* **EXERCISE AIM**: Every line in the records below between the one holding "(rw q at b)) w" and the one holding "scan_ports-IsScanned s t (p", inclusive, is to be set down exactly; all other lines are to be left out.

*** Opening THE RECORDS ***

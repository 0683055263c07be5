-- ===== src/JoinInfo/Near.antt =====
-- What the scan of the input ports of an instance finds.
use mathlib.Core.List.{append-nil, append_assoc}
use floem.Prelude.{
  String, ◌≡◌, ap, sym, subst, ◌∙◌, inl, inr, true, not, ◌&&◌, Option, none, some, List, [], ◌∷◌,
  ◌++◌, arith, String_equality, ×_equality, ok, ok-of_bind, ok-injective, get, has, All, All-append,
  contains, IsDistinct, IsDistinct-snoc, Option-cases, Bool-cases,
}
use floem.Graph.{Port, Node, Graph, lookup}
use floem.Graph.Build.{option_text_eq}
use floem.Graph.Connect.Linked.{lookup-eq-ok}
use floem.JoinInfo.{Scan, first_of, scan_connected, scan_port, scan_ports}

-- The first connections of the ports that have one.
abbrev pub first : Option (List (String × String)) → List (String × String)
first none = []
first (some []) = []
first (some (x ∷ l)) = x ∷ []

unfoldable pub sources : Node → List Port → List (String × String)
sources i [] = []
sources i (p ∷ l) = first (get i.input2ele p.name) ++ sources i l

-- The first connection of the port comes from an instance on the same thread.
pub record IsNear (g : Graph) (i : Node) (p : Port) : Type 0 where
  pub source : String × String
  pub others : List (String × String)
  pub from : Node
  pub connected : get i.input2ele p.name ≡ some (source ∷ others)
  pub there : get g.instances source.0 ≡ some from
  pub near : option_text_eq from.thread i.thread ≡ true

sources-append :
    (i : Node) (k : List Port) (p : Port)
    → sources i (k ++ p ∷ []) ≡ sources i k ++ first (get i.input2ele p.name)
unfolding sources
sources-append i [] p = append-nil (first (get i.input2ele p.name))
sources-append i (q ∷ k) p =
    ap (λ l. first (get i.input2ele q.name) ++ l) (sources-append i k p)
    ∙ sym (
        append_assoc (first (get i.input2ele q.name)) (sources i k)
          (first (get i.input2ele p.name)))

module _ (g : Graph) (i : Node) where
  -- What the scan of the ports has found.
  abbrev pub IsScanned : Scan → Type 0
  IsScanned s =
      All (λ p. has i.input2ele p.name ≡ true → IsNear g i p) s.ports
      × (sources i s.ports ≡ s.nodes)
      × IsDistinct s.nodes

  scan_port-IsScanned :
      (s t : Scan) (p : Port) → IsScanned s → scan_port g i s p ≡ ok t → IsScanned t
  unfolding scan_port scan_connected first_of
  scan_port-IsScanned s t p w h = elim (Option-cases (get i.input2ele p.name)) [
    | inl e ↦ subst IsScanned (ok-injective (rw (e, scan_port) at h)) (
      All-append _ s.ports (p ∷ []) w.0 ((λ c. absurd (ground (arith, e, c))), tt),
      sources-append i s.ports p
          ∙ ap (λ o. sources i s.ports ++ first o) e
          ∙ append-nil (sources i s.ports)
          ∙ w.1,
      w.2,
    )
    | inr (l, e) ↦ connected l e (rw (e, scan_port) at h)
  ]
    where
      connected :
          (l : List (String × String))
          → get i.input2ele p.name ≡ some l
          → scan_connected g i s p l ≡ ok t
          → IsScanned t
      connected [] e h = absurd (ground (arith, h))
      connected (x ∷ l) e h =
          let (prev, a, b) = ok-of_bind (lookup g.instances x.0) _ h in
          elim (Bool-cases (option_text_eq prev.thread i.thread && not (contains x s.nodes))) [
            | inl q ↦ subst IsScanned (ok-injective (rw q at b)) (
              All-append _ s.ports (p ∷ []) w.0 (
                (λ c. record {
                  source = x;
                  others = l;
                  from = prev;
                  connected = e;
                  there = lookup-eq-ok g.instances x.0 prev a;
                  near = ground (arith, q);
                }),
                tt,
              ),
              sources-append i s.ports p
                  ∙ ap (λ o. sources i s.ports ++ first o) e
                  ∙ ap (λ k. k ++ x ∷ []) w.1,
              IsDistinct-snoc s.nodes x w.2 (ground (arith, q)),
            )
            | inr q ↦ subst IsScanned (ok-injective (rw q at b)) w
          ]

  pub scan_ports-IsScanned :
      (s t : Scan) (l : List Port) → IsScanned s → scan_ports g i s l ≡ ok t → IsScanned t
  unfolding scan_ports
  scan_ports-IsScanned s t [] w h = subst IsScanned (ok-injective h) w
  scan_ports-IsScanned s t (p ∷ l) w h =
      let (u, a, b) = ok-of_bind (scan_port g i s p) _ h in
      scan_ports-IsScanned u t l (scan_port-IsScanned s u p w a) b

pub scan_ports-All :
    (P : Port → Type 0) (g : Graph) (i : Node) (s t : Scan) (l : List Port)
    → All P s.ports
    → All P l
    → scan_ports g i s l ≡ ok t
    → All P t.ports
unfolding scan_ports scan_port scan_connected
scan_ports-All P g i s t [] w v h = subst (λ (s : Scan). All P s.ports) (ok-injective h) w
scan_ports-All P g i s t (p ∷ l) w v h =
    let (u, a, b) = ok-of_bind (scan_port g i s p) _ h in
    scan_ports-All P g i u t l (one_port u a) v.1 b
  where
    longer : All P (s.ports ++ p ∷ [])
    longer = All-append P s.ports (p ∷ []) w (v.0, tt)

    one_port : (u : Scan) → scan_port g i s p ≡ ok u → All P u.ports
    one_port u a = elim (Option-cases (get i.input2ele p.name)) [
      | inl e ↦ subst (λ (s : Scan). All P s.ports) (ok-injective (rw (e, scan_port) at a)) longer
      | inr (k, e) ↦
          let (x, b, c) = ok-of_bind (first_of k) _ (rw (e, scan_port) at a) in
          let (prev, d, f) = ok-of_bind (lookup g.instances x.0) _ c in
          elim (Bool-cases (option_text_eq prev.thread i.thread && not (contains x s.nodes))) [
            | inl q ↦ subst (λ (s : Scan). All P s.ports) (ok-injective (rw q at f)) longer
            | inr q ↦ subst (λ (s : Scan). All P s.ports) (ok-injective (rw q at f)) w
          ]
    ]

*** Closing THE RECORDS ***

* **RESULT OF THIS EXERCISE**:
            | inr q ↦ subst IsScanned (ok-injective (rw q at b)) w
          ]

  pub scan_ports-IsScanned :
      (s t : Scan) (l : List Port) → IsScanned s → scan_ports g i s l ≡ ok t → IsScanned t
  unfolding scan_ports
  scan_ports-IsScanned s t [] w h = subst IsScanned (ok-injective h) w
  scan_ports-IsScanned s t (p ∷ l) w h =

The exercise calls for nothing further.